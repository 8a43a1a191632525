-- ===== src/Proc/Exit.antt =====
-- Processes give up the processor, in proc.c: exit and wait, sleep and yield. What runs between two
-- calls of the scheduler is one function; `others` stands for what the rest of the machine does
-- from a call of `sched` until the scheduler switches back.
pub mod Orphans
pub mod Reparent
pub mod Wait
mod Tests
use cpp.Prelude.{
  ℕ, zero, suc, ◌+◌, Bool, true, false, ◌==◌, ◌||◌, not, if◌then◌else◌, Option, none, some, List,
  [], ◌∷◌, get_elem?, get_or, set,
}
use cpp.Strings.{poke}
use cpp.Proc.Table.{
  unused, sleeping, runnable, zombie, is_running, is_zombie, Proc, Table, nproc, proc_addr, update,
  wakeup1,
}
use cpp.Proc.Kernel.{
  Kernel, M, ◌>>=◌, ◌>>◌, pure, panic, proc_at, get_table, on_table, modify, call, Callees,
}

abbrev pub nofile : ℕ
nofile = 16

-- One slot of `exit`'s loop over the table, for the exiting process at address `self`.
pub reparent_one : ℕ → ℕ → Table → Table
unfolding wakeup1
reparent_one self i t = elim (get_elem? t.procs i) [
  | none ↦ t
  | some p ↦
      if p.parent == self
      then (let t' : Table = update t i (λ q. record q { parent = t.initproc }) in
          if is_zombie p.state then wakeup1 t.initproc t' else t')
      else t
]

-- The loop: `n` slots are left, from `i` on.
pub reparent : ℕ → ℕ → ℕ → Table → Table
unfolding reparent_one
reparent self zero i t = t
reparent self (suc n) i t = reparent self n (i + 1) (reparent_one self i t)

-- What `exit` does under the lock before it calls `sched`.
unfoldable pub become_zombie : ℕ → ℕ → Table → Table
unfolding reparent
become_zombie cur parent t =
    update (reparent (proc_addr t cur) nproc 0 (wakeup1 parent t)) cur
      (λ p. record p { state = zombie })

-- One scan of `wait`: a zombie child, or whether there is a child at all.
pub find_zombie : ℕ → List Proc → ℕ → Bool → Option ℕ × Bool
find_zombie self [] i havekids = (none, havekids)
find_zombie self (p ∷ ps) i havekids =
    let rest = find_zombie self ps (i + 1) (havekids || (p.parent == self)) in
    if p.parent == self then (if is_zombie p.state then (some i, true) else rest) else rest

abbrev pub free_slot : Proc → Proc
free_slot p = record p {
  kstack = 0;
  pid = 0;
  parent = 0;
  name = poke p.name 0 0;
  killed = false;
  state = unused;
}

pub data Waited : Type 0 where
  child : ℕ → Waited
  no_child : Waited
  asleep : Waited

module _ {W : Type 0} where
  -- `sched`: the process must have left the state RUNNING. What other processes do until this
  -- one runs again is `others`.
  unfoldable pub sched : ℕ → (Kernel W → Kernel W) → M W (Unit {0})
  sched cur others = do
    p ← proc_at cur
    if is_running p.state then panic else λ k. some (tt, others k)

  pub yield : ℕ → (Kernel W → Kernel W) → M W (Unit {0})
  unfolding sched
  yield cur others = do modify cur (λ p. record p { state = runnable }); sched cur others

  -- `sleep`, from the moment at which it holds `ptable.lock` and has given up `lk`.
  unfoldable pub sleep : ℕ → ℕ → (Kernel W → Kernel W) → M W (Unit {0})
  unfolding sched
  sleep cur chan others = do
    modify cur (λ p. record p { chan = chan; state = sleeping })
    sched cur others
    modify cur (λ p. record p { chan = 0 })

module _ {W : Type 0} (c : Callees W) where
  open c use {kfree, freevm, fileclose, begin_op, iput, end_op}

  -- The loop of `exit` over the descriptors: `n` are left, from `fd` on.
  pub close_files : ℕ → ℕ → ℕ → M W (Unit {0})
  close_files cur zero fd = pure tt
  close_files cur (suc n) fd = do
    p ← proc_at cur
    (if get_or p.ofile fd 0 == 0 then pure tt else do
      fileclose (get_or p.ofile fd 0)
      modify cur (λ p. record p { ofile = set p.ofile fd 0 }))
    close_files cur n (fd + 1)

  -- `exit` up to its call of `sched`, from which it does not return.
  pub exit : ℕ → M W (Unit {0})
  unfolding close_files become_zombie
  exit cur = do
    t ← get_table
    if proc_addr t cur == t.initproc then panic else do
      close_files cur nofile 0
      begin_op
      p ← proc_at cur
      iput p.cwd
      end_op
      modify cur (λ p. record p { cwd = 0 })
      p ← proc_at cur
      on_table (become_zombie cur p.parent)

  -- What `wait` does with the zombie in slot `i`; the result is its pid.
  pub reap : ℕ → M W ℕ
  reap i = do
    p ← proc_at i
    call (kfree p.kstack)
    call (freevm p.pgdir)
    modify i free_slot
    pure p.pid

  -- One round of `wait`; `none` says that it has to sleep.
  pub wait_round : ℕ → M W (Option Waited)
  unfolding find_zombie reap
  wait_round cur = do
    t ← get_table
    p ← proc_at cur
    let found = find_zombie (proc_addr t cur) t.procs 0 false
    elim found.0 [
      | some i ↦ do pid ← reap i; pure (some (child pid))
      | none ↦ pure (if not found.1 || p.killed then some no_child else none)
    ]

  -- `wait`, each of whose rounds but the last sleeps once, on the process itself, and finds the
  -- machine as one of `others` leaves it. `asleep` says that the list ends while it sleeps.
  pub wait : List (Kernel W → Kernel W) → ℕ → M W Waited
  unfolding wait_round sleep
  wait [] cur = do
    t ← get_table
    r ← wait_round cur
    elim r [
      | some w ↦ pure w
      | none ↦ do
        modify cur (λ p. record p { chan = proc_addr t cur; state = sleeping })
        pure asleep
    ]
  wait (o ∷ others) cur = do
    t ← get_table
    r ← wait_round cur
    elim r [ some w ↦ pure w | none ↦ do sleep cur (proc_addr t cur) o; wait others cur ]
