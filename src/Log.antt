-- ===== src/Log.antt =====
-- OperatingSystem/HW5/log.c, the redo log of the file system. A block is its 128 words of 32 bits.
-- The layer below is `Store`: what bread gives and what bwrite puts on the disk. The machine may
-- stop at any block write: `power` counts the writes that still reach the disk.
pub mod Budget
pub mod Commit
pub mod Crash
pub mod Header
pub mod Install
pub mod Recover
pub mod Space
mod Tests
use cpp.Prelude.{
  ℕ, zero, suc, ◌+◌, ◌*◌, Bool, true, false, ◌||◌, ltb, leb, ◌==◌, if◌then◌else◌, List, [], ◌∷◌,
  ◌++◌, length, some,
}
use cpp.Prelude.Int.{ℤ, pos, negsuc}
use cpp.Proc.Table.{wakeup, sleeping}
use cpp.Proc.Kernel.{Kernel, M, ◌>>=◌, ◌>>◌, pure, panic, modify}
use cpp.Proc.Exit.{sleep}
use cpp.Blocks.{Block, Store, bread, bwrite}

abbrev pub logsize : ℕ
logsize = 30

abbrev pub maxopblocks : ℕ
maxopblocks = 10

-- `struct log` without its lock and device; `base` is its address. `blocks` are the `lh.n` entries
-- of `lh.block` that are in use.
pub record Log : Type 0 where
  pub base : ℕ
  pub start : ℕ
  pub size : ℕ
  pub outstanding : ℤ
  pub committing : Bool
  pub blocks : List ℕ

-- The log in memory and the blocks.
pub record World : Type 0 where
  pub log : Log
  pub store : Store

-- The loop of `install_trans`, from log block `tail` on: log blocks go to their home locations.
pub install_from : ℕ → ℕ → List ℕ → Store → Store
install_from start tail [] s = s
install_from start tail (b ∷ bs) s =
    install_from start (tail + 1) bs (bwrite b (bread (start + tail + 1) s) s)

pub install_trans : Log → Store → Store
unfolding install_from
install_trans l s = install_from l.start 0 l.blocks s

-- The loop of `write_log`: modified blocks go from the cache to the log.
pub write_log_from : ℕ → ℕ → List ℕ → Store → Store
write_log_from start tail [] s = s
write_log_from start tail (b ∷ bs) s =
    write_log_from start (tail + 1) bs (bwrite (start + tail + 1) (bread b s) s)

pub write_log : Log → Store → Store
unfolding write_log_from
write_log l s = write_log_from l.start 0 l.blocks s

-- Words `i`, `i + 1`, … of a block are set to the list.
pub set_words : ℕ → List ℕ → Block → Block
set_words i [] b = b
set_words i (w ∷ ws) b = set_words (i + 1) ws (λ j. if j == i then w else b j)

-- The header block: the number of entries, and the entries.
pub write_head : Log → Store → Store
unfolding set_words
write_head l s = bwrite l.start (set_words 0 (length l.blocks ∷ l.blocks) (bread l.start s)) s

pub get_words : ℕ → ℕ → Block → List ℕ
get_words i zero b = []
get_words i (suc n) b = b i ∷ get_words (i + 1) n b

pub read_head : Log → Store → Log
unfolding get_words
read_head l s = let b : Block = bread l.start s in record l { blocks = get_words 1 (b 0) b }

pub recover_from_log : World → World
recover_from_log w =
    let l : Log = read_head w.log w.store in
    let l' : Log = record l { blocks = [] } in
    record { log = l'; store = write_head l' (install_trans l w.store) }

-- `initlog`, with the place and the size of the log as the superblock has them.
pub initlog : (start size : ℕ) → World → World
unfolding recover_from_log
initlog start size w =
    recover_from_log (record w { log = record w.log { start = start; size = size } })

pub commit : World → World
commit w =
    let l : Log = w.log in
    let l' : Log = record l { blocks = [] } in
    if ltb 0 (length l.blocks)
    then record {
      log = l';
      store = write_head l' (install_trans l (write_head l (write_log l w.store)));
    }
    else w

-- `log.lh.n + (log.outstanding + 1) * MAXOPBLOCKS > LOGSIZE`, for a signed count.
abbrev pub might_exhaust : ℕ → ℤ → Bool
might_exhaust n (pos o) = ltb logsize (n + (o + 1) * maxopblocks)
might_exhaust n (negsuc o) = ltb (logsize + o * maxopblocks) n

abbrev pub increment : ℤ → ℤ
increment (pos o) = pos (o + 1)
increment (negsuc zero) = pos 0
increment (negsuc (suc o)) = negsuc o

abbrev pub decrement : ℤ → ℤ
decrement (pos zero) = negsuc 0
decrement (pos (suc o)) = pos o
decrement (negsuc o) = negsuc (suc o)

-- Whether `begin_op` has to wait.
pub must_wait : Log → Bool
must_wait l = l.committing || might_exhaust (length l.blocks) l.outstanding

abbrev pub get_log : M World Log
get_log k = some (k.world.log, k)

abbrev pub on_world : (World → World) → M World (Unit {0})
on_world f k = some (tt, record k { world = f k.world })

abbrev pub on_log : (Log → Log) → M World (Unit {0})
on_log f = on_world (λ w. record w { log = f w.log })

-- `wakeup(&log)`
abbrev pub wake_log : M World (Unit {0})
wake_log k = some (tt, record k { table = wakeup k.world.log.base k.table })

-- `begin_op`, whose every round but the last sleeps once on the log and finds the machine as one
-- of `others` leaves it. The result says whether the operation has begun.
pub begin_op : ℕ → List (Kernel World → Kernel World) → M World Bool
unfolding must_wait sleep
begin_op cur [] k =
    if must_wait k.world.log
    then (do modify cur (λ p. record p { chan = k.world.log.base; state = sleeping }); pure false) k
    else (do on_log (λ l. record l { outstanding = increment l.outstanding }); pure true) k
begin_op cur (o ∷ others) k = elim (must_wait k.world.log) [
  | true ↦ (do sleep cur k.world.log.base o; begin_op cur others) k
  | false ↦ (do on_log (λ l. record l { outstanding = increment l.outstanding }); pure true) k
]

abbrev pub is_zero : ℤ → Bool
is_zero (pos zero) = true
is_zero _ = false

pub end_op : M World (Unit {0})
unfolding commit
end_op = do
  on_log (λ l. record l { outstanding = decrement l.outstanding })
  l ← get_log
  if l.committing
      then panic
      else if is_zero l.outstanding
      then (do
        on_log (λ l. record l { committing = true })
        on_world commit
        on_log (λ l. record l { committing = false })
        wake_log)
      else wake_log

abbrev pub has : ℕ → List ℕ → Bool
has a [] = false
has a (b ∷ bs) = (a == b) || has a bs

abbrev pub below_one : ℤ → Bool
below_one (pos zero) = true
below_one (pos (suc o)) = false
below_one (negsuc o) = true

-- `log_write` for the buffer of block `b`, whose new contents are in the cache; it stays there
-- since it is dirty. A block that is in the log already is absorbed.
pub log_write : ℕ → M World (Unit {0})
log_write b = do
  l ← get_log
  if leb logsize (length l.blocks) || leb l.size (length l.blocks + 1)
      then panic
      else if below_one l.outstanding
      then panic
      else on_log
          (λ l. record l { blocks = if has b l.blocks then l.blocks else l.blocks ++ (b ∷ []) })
☆ ☆ ☆ ☆
Directions: Your reply is to repeat, unchanged, the lines above running from the one with "abbrev pub maxopblocks : ℕ" up to and including the one with "write_log l s".

Result of this exercise:
abbrev pub maxopblocks : ℕ
maxopblocks = 10

-- `struct log` without its lock and device; `base` is its address. `blocks` are the `lh.n` entries
-- of `lh.block` that are in use.
pub record Log : Type 0 where
  pub base : ℕ
  pub start : ℕ
  pub size : ℕ
  pub outstanding : ℤ
  pub committing : Bool
  pub blocks : List ℕ

-- The log in memory and the blocks.
pub record World : Type 0 where
  pub log : Log
  pub store : Store

-- The loop of `install_trans`, from log block `tail` on: log blocks go to their home locations.
pub install_from : ℕ → ℕ → List ℕ → Store → Store
install_from start tail [] s = s
install_from start tail (b ∷ bs) s =
    install_from start (tail + 1) bs (bwrite b (bread (start + tail + 1) s) s)

pub install_trans : Log → Store → Store
unfolding install_from
install_trans l s = install_from l.start 0 l.blocks s

-- The loop of `write_log`: modified blocks go from the cache to the log.
pub write_log_from : ℕ → ℕ → List ℕ → Store → Store
write_log_from start tail [] s = s
write_log_from start tail (b ∷ bs) s =
    write_log_from start (tail + 1) bs (bwrite (start + tail + 1) (bread b s) s)

pub write_log : Log → Store → Store
unfolding write_log_from
write_log l s = write_log_from l.start 0 l.blocks s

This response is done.